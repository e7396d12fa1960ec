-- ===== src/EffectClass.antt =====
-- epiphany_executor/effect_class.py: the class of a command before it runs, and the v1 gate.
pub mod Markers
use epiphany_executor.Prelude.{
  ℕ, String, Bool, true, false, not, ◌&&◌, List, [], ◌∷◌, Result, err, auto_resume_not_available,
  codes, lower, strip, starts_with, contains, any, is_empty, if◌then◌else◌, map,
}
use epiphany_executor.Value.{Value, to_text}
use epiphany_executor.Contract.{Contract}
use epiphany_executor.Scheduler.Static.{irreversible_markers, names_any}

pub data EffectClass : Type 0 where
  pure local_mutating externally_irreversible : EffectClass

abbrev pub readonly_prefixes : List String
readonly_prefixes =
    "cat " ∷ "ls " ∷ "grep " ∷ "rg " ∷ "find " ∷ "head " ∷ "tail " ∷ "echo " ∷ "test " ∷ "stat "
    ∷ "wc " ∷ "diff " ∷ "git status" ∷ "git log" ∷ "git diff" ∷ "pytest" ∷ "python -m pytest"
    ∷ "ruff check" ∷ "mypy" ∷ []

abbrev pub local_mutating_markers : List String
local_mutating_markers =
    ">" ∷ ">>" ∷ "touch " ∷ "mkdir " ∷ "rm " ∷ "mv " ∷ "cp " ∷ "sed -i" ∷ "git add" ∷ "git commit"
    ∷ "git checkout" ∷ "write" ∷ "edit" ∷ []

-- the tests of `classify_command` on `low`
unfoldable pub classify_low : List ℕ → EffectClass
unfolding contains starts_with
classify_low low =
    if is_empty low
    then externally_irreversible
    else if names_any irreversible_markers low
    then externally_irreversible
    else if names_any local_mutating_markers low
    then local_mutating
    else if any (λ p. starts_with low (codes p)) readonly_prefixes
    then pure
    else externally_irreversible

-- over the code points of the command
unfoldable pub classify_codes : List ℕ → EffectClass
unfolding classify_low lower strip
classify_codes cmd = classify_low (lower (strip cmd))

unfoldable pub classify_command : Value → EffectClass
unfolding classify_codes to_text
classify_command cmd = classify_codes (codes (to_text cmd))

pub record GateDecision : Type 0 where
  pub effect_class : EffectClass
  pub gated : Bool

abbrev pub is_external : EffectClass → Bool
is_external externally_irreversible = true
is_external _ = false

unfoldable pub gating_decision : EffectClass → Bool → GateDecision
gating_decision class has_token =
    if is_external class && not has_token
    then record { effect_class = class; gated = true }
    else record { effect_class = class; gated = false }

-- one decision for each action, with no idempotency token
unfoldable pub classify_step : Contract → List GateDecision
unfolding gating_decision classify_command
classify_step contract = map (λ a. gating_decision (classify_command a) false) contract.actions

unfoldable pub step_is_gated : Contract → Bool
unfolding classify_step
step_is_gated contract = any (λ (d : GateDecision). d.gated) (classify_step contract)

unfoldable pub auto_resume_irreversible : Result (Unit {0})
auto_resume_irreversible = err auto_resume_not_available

****************************************

◆ TASK TO COMPLETE: Among the lines of the listing above, which ones hold "String"? Copy them.

◆ RESULT OF THIS TASK:
  ℕ, String, Bool, true, false, not, ◌&&◌, List, [], ◌∷◌, Result, err, auto_resume_not_available,
abbrev pub readonly_prefixes : List String
abbrev pub local_mutating_markers : List String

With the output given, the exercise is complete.